Publication ,  Journal Article
Burnside, ES; Drukker, K; Li, H; Bonaccio, E; Zuley, M; Ganott, M; Net, JM; Sutton, EJ; Brandt, KR; Whitman, GJ; Conzen, SD; Lan, L; Ji, Y ...
Published in: Cancer
March 1, 2016

BACKGROUND: The objective of this study was to demonstrate that computer-extracted image phenotypes (CEIPs) of biopsy-proven breast cancer on magnetic resonance imaging (MRI) can accurately predict pathologic stage. METHODS: The authors used a data set of deidentified breast MRIs organized by the National Cancer Institute in The Cancer Imaging Archive.
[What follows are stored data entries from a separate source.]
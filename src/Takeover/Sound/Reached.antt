-- ===== src/Takeover/Sound/Reached.antt =====
-- Every reachable world is sound: what follows for the record, the calls and the answers.
use opensurge_fnos.Base.{arith, refl, true, ◌∷◌, ◌≡◌}
use opensurge_fnos.Takeover.Sound.{
  IsSound, agrees, all_warranted, pending_warranted, stage_warranted,
}
use opensurge_fnos.Takeover.Sound.Answers.{Ends, answered, entered}
use opensurge_fnos.Takeover.Sound.Finish.{finish_run-IsSound, observe_operation-IsSound}
use opensurge_fnos.Takeover.Stage.{is_open}
use opensurge_fnos.Takeover.Steps.{
  Reachable, answer_request, ask, empty_store, end_operation, first_world, report_progress,
  then_step,
}
use opensurge_fnos.Takeover.Store.{readable, recovery}
use opensurge_fnos.Takeover.World.{Outside, Request, World, received}

answered_request :
    (r : Request) (o : Outside) (w : World) → IsSound w → Ends r w.file (answer_request r o w)
unfolding answer_request
answered_request r o w h =
    answered r o w.file (record w { journal = received r ∷ w.journal }) (entered r w h)

reachable : {w : World} → Reachable w → IsSound w
unfolding first_world recovery readable agrees all_warranted stage_warranted pending_warranted
reachable empty_store = record {
  readable_file = refl;
  agreement = refl;
  calls = refl;
  stage_said = refl;
  operation_said = refl;
}
reachable (then_step r (ask w q o)) = (answered_request q o w (reachable r)).sound
reachable (then_step r (report_progress w p o phase notice e)) =
    observe_operation-IsSound o phase notice p w (reachable r) e
reachable (then_step r (end_operation w p o result e)) =
    finish_run-IsSound o p result w (reachable r) e

-- In every reachable world the record can be read, and says that recovery is required just if
-- its stage is that of an open takeover.
pub flag_of_stage :
    (w : World)
    → Reachable w
    → (readable w.file ≡ true) × ((recovery w.file).required ≡ is_open (recovery w.file).stage)
unfolding agrees
flag_of_stage w r = ((reachable r).readable_file, ground (arith, (reachable r).agreement))

-- As long as no request overlaps another, nor the end of a lifecycle operation, every call that
-- the server has made was warranted when it was made: the Mac went back to automatic DHCP only
-- when the latest word on the router was that it answers, from a probe or from the user, and a
-- takeover was started only after a probe that no server answered.
pub warranted_calls : (w : World) → Reachable w → all_warranted w.journal ≡ true
warranted_calls w r = (reachable r).calls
In total, 91 biopsy-proven breast cancers were analyzed from patients who had information available on pathologic stage (stage I, n = 22; stage II, n = 58; stage III, n = 11) and surgically verified lymph node status (negative lymph nodes, n = 46; ≥ 1 positive lymph node, n = 44; no lymph nodes examined, n = 1). Tumors were characterized according to 1) radiologist-measured size and 2) CEIP. Then, models were built that combined 2 CEIPs to predict tumor pathologic stage and lymph node involvement, and the models were evaluated in a leave-1-out, cross-validation analysis with the area under the receiver operating characteristic curve (AUC) as the value of interest. RESULTS: Tumor size was the most powerful predictor of pathologic stage, but CEIPs that captured biologic behavior also emerged as predictive (eg, stage I and II vs stage III demonstrated an AUC of 0.83). No size measure was successful in the prediction of positive lymph nodes, but adding a CEIP that described tumor "homogeneity" significantly improved discrimination (AUC = 0.62; P = .003) compared with chance. CONCLUSIONS: The current results indicate that MRI phenotypes have promise for predicting breast cancer pathologic stage and lymph node status. Cancer 2016;122:748-757. © 2015 American Cancer Society.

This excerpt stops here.